**The problem**
Copy out each line of the data below in which the string "that" appears.

Collected data
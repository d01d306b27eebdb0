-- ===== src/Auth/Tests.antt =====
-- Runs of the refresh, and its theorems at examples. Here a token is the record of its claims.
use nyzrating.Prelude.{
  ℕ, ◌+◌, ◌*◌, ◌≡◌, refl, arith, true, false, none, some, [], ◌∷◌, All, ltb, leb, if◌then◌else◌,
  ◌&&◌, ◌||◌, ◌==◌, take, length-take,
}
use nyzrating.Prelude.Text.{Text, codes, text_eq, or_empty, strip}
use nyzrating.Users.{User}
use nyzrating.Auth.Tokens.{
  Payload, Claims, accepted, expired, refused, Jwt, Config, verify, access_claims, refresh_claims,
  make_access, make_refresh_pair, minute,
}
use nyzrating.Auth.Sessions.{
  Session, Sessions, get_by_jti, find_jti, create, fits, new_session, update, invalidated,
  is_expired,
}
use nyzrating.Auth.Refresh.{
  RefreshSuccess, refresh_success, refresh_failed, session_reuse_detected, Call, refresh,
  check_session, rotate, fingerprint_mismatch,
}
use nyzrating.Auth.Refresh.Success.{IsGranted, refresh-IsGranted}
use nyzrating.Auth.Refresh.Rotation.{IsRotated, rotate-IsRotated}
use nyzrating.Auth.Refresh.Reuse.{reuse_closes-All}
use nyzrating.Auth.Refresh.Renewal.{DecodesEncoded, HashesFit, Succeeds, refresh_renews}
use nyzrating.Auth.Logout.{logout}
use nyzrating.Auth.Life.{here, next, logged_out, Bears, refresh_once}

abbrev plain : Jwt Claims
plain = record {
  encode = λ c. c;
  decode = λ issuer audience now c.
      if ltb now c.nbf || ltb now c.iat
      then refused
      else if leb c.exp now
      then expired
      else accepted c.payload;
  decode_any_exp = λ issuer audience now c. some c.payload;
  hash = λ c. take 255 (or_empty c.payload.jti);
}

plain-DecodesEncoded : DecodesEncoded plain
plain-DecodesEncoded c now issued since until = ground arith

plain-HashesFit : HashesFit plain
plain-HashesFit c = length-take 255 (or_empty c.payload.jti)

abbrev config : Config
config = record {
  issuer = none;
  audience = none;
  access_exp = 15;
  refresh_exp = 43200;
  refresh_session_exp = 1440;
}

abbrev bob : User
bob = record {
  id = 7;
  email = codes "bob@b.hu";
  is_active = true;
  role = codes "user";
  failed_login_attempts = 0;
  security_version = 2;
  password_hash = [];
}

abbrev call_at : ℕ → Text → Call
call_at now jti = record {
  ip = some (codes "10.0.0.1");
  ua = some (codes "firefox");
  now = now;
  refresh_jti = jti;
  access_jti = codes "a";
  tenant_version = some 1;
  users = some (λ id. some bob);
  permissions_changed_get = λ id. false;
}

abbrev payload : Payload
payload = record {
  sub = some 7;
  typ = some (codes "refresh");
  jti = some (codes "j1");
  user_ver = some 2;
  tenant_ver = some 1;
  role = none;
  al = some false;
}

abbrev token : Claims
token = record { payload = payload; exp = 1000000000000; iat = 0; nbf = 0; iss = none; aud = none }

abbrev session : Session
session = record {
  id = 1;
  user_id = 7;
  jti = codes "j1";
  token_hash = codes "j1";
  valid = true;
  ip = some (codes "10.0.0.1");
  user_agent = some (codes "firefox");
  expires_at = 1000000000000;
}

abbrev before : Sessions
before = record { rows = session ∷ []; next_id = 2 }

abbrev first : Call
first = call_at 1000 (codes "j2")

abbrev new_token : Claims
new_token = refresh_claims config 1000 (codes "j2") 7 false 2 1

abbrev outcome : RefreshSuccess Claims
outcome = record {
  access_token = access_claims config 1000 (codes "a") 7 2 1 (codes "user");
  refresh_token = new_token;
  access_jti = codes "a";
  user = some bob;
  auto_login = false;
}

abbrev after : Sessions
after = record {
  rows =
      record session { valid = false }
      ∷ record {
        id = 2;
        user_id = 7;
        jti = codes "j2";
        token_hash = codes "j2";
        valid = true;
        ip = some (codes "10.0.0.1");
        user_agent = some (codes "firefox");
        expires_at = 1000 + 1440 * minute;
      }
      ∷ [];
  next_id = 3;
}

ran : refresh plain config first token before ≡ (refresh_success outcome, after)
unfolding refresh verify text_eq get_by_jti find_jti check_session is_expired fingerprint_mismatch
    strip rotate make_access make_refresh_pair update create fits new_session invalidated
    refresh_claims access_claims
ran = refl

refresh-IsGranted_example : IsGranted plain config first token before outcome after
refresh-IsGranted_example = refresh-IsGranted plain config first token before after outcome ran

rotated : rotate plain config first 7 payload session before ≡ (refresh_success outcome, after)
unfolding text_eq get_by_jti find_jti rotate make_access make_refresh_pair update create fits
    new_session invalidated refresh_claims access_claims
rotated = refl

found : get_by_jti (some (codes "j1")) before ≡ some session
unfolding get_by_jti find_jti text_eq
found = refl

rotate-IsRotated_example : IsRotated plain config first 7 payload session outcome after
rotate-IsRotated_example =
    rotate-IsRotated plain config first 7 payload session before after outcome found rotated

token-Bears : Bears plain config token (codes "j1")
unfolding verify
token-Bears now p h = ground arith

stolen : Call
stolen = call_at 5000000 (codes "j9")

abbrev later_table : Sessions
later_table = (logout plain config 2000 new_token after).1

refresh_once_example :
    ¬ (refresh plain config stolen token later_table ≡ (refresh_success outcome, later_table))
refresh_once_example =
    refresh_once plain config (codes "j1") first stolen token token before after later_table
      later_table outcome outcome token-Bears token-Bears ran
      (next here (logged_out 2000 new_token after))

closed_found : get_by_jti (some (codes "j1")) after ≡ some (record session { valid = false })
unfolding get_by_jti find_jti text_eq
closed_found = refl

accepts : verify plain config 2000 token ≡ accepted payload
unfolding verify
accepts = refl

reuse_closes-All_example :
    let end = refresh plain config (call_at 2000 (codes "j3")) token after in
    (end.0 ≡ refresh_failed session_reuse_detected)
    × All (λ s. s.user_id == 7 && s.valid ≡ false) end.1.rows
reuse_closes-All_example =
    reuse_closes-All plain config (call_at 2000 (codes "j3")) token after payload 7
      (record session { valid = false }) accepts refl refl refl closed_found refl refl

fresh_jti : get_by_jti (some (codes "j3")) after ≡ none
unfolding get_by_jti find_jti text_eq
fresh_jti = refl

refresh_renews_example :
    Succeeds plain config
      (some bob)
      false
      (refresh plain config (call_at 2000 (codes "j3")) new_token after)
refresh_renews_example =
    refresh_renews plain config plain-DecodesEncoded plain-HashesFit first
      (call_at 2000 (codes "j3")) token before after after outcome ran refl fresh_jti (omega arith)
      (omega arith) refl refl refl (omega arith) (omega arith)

...

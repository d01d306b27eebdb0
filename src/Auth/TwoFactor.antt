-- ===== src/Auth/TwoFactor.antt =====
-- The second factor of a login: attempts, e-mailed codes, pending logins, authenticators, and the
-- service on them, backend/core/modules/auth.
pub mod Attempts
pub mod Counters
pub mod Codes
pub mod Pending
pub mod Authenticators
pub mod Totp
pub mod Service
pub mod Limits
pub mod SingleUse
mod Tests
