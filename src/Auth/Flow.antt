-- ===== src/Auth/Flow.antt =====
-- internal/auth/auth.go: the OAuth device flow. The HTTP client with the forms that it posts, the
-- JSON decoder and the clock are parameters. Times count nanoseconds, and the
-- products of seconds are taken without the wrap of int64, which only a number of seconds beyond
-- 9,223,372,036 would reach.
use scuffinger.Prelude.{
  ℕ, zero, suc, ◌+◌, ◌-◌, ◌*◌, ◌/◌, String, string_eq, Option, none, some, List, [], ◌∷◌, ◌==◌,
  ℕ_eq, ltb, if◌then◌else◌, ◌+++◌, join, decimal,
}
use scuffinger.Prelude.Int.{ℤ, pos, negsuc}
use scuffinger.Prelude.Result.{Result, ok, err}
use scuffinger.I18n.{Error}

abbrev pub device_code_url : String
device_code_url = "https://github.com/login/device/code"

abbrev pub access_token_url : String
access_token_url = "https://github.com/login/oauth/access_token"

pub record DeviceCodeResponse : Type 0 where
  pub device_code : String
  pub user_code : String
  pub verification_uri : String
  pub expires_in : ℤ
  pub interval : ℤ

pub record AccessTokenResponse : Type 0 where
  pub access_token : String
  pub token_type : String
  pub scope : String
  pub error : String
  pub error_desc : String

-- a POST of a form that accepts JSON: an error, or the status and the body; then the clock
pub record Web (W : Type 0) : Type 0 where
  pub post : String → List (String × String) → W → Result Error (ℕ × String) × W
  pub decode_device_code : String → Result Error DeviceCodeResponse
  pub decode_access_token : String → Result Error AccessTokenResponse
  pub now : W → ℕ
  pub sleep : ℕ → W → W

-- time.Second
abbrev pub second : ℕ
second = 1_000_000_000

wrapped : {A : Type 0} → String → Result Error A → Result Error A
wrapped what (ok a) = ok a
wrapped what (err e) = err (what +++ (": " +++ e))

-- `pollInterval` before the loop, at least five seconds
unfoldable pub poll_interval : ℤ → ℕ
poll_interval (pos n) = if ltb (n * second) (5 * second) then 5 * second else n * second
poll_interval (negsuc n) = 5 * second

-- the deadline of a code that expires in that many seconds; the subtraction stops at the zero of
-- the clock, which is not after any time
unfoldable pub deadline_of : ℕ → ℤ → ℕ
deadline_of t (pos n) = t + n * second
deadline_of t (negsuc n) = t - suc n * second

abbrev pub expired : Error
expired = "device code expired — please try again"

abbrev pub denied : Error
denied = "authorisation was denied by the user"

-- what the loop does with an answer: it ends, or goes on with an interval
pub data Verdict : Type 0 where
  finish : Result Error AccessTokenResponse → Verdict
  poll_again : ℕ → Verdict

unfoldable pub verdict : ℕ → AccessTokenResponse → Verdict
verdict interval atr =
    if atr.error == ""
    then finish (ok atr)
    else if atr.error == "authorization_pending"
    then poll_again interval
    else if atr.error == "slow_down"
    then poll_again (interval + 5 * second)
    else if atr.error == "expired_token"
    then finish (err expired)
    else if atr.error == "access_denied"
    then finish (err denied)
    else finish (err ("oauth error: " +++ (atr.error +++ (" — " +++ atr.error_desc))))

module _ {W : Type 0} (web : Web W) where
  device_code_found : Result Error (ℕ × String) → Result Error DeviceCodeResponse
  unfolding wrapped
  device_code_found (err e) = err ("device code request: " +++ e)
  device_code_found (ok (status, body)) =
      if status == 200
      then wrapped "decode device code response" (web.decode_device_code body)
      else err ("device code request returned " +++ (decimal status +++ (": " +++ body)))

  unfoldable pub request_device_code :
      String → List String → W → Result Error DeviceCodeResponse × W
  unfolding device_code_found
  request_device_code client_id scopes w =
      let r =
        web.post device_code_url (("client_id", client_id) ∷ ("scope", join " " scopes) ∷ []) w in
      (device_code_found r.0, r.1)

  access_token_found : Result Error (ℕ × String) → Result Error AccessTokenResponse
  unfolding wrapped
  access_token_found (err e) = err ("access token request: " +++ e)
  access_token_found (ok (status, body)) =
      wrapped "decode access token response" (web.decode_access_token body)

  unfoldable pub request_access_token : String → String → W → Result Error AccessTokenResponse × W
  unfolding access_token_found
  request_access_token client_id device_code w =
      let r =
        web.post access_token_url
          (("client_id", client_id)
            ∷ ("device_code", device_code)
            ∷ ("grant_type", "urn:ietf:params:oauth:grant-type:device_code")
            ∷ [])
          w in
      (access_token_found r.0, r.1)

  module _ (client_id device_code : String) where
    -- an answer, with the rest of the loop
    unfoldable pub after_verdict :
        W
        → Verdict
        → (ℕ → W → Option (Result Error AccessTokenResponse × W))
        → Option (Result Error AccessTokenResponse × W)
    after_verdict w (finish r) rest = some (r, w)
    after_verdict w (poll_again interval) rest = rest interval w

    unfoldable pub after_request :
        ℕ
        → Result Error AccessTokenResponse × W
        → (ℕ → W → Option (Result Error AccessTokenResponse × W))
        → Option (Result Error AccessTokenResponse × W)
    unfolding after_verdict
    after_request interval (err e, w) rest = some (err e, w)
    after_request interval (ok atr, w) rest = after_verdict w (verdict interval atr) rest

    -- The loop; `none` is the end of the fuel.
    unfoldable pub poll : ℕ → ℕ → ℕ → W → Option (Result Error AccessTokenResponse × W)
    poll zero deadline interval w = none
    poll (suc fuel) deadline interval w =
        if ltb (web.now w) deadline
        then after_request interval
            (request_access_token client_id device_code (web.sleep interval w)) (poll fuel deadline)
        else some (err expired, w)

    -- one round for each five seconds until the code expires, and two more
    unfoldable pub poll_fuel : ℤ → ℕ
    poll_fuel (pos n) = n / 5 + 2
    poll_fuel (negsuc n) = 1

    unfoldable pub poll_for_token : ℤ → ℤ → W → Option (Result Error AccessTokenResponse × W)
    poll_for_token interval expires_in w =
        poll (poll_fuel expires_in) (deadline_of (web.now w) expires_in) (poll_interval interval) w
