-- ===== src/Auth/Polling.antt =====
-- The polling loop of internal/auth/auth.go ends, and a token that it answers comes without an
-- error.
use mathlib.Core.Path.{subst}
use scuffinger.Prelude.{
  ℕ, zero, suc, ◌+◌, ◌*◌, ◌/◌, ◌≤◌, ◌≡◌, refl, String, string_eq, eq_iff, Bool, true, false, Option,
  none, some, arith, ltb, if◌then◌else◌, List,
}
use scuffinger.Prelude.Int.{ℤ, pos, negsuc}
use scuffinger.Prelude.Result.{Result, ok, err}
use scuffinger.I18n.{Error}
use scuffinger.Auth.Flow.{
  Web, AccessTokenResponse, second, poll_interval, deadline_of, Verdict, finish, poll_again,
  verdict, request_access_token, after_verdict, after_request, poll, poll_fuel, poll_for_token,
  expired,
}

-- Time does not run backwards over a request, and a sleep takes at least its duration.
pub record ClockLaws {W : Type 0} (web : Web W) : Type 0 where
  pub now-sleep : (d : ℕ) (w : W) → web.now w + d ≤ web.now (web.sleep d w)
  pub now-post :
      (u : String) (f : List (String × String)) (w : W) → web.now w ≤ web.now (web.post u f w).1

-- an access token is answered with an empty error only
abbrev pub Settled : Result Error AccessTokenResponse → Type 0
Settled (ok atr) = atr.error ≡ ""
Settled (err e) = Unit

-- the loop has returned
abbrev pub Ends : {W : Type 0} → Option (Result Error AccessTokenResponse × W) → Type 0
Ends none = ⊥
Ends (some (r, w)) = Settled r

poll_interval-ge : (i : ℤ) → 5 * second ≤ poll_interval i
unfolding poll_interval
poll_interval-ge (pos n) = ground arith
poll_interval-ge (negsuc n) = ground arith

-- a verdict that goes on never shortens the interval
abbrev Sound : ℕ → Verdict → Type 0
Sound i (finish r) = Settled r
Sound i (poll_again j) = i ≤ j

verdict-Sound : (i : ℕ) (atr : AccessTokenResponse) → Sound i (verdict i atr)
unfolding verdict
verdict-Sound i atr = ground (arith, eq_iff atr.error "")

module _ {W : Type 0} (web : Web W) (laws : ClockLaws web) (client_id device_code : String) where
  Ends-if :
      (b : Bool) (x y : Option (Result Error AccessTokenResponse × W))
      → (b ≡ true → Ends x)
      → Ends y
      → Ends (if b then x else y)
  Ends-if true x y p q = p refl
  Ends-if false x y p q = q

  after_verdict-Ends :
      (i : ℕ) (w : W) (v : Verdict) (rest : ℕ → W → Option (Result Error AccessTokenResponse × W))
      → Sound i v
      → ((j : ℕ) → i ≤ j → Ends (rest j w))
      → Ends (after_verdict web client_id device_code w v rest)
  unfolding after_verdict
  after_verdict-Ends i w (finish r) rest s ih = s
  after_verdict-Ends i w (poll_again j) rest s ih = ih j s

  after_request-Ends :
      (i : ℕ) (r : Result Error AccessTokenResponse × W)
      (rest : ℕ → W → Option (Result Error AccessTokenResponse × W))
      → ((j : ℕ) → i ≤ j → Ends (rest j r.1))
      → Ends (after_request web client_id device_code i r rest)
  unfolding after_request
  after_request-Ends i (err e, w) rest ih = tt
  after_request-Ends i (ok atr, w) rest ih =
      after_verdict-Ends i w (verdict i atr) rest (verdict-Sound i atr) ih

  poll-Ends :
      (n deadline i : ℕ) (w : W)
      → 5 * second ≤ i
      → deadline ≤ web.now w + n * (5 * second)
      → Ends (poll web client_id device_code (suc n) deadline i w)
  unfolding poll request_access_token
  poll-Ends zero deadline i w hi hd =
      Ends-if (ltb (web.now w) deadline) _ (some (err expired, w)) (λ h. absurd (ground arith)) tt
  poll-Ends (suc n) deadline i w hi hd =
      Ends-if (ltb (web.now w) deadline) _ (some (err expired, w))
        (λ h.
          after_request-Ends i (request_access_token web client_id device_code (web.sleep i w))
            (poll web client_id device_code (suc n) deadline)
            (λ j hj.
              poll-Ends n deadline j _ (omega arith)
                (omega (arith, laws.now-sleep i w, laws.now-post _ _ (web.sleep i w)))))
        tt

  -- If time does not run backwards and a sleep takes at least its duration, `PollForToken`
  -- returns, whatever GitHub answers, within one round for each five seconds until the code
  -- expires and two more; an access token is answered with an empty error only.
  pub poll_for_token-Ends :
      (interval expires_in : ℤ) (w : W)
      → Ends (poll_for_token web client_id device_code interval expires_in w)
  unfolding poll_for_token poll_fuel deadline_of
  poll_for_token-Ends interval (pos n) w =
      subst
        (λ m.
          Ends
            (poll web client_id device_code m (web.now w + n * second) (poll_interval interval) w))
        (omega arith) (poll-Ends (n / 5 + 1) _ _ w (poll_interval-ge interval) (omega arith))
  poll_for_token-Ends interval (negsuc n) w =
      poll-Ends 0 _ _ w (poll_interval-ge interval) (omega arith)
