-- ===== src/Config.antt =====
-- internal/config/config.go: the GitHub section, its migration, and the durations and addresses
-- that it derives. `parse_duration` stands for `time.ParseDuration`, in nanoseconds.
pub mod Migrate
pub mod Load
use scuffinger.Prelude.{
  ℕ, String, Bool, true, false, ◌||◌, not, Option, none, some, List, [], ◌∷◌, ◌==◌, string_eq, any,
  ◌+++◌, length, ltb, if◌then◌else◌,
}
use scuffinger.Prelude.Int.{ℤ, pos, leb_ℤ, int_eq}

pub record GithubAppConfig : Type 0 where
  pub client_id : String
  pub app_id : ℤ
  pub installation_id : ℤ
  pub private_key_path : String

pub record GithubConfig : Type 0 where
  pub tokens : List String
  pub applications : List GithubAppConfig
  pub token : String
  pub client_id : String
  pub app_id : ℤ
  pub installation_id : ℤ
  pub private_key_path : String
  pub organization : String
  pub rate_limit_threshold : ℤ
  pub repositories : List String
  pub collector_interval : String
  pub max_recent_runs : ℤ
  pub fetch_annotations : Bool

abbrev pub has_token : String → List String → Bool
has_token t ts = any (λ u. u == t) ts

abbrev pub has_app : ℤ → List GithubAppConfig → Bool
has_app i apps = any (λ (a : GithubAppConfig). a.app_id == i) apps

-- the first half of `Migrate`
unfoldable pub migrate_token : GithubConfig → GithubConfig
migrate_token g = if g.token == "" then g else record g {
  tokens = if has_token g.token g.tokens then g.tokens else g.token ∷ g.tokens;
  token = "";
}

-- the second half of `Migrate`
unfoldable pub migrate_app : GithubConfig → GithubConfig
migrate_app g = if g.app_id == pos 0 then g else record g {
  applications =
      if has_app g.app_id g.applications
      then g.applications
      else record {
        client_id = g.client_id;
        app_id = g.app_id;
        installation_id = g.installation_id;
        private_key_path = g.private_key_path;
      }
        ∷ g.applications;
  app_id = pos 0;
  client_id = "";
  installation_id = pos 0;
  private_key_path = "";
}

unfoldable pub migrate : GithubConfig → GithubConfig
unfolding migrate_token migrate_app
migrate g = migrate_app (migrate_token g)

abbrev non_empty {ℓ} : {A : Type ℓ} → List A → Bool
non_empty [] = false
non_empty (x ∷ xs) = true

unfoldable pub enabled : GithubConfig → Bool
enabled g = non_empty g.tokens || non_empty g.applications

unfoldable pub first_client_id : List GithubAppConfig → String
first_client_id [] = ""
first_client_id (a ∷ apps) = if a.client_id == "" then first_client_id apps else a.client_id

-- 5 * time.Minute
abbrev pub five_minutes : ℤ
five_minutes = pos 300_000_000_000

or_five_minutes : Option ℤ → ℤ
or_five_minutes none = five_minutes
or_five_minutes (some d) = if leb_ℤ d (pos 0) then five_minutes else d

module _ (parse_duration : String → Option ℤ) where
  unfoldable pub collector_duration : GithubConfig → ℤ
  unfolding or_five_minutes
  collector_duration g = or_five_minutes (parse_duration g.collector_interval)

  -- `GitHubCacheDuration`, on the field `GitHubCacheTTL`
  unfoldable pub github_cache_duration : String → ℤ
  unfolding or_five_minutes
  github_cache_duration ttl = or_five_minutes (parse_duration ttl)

**Final answer**
-- internal/auth/auth.go: the OAuth device flow. The HTTP client with the forms that it posts, the
-- a POST of a form that accepts JSON: an error, or the status and the body; then the clock
-- the deadline of a code that expires in that many seconds; the subtraction stops at the zero of
-- The polling loop of internal/auth/auth.go ends, and a token that it answers comes without an
-- a verdict that goes on never shortens the interval
-- that it derives. `parse_duration` stands for `time.ParseDuration`, in nanoseconds.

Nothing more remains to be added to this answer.